» **Assigned task**:
Among the records that follow, set down only the lines from the one containing "triggered_severities = [];" to the one containing "max_severity best [] = best", both included, exactly.

» **Data**:
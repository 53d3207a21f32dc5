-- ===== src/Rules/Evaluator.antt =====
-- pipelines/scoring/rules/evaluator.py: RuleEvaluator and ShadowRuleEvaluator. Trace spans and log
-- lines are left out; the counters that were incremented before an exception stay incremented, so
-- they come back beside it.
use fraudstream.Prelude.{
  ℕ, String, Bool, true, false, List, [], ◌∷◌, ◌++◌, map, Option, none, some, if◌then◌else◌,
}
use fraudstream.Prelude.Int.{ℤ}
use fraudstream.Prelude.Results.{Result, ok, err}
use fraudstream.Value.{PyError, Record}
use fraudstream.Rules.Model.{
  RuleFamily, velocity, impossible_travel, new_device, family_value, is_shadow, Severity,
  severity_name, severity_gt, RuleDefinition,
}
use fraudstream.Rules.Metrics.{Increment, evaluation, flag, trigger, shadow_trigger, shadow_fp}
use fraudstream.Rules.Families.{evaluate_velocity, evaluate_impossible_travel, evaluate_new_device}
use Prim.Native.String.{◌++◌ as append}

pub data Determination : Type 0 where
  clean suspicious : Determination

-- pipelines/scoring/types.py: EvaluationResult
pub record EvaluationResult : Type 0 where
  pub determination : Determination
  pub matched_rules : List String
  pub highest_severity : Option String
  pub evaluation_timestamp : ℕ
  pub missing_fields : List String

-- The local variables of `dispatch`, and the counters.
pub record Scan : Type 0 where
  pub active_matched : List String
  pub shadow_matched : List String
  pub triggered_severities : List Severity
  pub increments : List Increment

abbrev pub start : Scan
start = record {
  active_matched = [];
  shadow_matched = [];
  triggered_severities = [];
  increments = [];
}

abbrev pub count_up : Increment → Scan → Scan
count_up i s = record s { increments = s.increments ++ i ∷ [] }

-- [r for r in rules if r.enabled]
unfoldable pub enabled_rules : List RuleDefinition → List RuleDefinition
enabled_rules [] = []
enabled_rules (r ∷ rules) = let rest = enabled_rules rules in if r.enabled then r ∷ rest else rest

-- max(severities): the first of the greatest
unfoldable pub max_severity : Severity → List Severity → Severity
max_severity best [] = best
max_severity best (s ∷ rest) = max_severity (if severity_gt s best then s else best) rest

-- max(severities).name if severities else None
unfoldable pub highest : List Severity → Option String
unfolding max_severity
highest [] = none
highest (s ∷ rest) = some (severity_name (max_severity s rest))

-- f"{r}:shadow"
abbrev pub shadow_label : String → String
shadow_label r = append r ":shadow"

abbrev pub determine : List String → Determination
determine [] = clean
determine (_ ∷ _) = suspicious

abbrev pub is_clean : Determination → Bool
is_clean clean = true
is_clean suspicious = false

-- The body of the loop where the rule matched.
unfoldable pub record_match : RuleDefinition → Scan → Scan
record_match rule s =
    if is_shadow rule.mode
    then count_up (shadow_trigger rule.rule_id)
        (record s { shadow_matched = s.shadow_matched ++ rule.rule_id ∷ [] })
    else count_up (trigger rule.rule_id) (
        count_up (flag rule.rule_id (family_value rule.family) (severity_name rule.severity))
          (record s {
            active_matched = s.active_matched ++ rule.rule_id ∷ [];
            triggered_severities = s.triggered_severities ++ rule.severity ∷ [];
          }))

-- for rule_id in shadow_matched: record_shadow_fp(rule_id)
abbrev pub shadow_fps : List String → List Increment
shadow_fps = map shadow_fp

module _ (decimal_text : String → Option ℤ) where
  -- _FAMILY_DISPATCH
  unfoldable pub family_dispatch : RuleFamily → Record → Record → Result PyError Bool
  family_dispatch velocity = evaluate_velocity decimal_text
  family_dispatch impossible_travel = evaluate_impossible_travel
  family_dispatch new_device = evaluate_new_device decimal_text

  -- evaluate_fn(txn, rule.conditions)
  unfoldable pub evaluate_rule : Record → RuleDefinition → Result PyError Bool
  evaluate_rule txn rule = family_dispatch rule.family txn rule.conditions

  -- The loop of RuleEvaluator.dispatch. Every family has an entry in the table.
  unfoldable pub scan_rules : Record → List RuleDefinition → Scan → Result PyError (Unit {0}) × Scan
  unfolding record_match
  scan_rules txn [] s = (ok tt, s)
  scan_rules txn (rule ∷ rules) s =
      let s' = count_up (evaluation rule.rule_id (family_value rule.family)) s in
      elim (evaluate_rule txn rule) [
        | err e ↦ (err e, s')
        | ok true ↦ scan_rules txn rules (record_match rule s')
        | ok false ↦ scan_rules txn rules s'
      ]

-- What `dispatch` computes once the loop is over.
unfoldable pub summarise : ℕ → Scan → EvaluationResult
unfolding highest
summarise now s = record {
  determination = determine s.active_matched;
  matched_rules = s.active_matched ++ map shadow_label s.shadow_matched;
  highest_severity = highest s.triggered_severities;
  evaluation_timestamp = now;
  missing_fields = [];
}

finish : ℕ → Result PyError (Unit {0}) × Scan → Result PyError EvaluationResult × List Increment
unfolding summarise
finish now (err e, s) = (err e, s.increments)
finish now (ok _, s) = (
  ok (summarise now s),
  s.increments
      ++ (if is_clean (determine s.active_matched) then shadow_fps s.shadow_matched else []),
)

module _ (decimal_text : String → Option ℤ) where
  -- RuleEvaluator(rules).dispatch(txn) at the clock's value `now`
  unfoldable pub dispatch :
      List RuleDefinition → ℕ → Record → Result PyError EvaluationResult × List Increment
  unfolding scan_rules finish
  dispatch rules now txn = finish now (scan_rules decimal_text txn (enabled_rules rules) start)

» **Output for this task**:
  triggered_severities = [];
  increments = [];
}

abbrev pub count_up : Increment → Scan → Scan
count_up i s = record s { increments = s.increments ++ i ∷ [] }

-- [r for r in rules if r.enabled]
unfoldable pub enabled_rules : List RuleDefinition → List RuleDefinition
enabled_rules [] = []
enabled_rules (r ∷ rules) = let rest = enabled_rules rules in if r.enabled then r ∷ rest else rest

-- max(severities): the first of the greatest
unfoldable pub max_severity : Severity → List Severity → Severity
max_severity best [] = best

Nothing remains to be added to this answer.